#### [Stored data entries]
##########

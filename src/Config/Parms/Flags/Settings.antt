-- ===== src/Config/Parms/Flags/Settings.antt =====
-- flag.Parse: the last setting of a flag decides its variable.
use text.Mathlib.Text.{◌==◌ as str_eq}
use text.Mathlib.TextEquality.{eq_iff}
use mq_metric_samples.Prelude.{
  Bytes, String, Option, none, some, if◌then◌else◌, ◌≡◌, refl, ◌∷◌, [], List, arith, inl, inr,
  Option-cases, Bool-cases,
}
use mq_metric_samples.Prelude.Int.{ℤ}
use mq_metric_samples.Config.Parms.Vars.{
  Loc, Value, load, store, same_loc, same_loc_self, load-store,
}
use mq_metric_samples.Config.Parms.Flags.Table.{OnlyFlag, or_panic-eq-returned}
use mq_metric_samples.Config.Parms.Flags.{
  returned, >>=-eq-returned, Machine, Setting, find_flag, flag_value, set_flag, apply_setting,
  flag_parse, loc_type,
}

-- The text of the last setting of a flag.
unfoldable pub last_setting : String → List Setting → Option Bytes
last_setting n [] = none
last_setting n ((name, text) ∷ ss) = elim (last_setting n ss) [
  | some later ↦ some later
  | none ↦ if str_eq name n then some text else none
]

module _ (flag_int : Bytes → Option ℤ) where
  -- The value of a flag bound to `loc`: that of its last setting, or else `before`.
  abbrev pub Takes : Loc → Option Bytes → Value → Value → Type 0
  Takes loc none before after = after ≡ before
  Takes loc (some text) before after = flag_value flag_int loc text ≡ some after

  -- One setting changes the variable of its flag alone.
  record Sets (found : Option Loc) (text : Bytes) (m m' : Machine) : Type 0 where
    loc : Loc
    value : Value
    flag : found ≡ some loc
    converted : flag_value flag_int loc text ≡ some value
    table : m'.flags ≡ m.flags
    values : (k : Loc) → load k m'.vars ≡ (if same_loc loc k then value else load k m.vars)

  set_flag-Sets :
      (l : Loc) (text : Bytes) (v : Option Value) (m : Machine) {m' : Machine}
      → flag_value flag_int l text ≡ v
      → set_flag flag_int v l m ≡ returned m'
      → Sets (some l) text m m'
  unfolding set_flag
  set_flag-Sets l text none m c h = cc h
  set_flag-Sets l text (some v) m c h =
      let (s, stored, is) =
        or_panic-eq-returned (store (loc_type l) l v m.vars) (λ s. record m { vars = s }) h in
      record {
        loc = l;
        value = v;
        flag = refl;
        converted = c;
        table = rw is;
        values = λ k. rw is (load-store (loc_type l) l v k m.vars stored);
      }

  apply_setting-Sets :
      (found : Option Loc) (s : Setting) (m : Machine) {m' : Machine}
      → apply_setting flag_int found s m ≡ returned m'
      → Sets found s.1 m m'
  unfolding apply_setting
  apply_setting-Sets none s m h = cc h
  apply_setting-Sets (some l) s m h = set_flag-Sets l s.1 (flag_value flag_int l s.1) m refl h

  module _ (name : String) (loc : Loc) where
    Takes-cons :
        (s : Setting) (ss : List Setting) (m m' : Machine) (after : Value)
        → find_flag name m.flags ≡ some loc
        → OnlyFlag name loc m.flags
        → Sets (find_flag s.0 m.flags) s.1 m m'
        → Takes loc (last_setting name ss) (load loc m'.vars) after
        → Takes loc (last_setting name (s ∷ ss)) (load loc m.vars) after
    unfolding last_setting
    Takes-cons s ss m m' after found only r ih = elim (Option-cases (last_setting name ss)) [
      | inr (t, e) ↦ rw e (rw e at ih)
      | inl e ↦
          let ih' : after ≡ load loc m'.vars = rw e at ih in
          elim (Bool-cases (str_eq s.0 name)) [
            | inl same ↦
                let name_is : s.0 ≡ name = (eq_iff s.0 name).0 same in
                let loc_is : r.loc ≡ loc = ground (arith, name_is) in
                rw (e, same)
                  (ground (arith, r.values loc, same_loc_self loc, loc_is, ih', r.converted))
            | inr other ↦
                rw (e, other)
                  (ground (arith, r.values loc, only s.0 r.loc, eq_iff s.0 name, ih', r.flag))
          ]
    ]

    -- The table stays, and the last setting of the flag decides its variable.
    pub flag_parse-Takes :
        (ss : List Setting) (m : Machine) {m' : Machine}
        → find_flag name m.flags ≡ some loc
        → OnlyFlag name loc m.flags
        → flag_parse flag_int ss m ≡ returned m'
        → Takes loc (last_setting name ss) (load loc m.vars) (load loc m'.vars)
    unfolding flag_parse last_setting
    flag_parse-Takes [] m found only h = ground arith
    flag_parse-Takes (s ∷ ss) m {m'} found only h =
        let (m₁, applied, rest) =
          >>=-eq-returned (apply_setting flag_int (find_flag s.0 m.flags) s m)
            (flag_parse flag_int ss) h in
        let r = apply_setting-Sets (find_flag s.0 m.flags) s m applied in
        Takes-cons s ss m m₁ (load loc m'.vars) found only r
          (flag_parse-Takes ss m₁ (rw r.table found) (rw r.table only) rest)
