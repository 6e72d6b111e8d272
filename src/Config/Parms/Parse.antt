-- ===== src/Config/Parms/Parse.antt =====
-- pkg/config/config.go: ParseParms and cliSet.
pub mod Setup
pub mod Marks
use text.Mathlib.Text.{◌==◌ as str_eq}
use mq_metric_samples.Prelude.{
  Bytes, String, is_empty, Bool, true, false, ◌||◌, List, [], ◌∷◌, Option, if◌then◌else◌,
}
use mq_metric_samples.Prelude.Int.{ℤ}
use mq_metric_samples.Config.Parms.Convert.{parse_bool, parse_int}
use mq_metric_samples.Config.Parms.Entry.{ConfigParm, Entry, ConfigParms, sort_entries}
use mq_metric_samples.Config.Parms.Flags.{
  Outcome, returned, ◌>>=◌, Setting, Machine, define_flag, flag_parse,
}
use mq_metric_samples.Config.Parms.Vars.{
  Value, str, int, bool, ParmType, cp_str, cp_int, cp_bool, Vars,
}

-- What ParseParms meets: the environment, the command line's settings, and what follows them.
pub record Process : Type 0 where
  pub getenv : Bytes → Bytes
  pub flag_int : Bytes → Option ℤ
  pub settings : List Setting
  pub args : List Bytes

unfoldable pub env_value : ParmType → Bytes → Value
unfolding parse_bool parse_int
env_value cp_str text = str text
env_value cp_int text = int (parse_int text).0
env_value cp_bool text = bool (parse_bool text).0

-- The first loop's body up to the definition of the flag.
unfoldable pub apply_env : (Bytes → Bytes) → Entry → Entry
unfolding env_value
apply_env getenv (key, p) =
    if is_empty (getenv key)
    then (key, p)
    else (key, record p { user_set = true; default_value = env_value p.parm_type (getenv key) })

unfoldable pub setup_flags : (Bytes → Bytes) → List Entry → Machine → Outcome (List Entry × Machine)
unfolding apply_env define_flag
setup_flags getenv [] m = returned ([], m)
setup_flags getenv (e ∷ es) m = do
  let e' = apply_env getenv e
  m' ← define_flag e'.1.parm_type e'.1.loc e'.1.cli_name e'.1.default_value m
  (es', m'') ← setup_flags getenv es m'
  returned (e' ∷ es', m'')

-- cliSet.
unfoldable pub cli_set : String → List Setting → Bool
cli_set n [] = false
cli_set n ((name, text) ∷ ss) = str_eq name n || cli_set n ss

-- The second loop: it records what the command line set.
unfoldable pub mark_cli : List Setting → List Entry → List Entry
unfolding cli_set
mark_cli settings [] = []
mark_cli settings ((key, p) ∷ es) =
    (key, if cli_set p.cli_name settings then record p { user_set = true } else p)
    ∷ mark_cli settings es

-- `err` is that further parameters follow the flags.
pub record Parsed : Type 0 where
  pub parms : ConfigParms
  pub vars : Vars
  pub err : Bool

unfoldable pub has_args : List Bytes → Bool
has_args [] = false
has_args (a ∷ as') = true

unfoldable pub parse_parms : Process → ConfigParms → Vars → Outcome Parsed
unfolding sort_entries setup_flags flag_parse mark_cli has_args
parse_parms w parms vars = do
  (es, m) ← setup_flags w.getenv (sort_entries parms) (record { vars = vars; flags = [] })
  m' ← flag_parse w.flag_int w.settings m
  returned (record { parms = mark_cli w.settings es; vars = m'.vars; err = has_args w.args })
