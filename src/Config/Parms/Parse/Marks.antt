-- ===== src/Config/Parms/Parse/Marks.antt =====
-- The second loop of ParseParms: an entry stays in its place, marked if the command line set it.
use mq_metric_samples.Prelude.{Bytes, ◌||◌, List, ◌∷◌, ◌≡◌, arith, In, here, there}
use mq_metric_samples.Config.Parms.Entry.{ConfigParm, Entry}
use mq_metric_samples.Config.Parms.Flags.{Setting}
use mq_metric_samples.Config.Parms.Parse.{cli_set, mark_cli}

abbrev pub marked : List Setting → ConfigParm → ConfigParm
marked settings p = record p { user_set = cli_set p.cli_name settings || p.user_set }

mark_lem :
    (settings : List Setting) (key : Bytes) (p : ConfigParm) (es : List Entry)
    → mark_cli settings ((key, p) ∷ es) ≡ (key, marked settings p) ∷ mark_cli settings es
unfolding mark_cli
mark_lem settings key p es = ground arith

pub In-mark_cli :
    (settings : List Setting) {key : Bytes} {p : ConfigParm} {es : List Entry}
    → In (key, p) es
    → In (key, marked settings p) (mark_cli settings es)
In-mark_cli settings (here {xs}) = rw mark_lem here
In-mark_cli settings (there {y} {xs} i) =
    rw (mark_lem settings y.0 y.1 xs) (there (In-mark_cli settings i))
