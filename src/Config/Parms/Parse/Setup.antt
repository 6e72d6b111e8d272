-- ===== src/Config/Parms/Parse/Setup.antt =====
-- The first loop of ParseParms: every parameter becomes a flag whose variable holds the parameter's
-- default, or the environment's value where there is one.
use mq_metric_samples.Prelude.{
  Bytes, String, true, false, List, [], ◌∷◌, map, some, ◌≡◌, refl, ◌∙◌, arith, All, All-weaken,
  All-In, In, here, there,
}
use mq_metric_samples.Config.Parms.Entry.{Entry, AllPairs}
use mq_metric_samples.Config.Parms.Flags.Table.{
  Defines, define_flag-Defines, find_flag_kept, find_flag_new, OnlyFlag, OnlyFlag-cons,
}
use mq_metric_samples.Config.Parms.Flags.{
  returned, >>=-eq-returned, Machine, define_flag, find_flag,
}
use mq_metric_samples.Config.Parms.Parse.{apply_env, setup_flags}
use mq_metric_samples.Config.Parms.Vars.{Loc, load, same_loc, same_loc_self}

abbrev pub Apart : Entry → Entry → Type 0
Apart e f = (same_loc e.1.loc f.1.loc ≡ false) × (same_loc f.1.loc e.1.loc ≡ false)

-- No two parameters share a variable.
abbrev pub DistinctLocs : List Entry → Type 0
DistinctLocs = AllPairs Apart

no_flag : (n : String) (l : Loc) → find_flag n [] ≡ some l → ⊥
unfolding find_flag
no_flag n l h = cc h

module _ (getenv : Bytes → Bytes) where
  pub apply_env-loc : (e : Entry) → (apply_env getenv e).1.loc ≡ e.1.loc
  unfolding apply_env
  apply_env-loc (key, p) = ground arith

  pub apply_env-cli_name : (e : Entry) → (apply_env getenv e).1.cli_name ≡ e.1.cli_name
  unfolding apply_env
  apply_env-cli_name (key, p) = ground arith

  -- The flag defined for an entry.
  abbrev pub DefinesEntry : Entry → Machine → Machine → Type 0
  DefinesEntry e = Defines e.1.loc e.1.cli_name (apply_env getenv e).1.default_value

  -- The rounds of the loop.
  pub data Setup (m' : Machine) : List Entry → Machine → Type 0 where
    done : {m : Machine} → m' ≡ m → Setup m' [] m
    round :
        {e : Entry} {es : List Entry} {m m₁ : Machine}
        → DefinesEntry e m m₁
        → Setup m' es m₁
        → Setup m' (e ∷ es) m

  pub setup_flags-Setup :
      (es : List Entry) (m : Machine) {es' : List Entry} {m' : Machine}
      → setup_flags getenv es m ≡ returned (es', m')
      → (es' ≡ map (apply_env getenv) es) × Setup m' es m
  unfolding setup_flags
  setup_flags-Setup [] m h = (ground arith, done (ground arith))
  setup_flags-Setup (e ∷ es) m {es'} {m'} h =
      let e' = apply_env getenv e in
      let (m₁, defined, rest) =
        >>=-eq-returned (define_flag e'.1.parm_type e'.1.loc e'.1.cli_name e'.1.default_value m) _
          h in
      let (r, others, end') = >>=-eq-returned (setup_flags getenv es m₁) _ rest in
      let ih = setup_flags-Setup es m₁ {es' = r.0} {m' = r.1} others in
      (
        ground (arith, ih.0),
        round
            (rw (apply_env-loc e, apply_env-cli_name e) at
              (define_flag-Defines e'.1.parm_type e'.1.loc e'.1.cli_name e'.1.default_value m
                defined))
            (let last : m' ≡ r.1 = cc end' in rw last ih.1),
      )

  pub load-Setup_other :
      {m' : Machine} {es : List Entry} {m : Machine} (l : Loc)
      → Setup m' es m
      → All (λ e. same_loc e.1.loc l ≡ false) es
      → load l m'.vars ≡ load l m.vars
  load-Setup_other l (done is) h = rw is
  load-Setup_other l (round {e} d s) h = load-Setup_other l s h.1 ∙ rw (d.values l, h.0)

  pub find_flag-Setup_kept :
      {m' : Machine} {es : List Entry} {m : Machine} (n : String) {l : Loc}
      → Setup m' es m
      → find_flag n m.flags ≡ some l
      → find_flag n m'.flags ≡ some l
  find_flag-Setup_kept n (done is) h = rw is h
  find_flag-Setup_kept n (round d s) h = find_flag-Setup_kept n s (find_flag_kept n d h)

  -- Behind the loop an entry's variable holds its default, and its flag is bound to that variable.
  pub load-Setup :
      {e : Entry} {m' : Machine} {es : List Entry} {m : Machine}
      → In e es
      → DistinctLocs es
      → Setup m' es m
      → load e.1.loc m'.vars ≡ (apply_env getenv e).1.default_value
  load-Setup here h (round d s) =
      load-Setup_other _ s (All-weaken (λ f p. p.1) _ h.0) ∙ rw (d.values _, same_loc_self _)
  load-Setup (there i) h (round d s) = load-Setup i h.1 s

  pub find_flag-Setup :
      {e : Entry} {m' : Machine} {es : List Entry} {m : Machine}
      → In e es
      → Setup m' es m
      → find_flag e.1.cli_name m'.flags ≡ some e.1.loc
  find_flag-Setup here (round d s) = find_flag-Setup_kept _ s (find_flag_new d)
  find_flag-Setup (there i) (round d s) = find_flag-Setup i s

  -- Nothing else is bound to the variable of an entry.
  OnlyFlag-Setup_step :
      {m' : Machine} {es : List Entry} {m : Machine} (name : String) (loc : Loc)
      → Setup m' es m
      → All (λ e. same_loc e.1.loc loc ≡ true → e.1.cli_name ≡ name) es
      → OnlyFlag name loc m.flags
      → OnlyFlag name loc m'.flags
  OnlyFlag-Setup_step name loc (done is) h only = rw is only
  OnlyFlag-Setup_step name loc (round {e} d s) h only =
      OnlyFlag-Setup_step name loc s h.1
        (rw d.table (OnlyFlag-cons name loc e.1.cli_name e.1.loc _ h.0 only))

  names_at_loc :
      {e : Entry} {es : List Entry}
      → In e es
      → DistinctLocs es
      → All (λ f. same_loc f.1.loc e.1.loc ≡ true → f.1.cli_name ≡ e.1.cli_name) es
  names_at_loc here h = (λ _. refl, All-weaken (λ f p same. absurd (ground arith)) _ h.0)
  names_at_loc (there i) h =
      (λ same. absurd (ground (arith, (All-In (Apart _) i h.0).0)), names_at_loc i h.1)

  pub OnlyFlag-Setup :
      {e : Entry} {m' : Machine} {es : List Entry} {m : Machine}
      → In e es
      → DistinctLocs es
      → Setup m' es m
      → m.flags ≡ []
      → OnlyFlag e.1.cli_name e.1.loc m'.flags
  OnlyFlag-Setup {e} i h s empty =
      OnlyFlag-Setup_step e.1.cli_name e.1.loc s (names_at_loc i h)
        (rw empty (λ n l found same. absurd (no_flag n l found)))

##########

The answer must consist of every line from the data that contains the word "defined".

#### [Answer]
  -- The flag defined for an entry.
      let (m₁, defined, rest) =
                defined))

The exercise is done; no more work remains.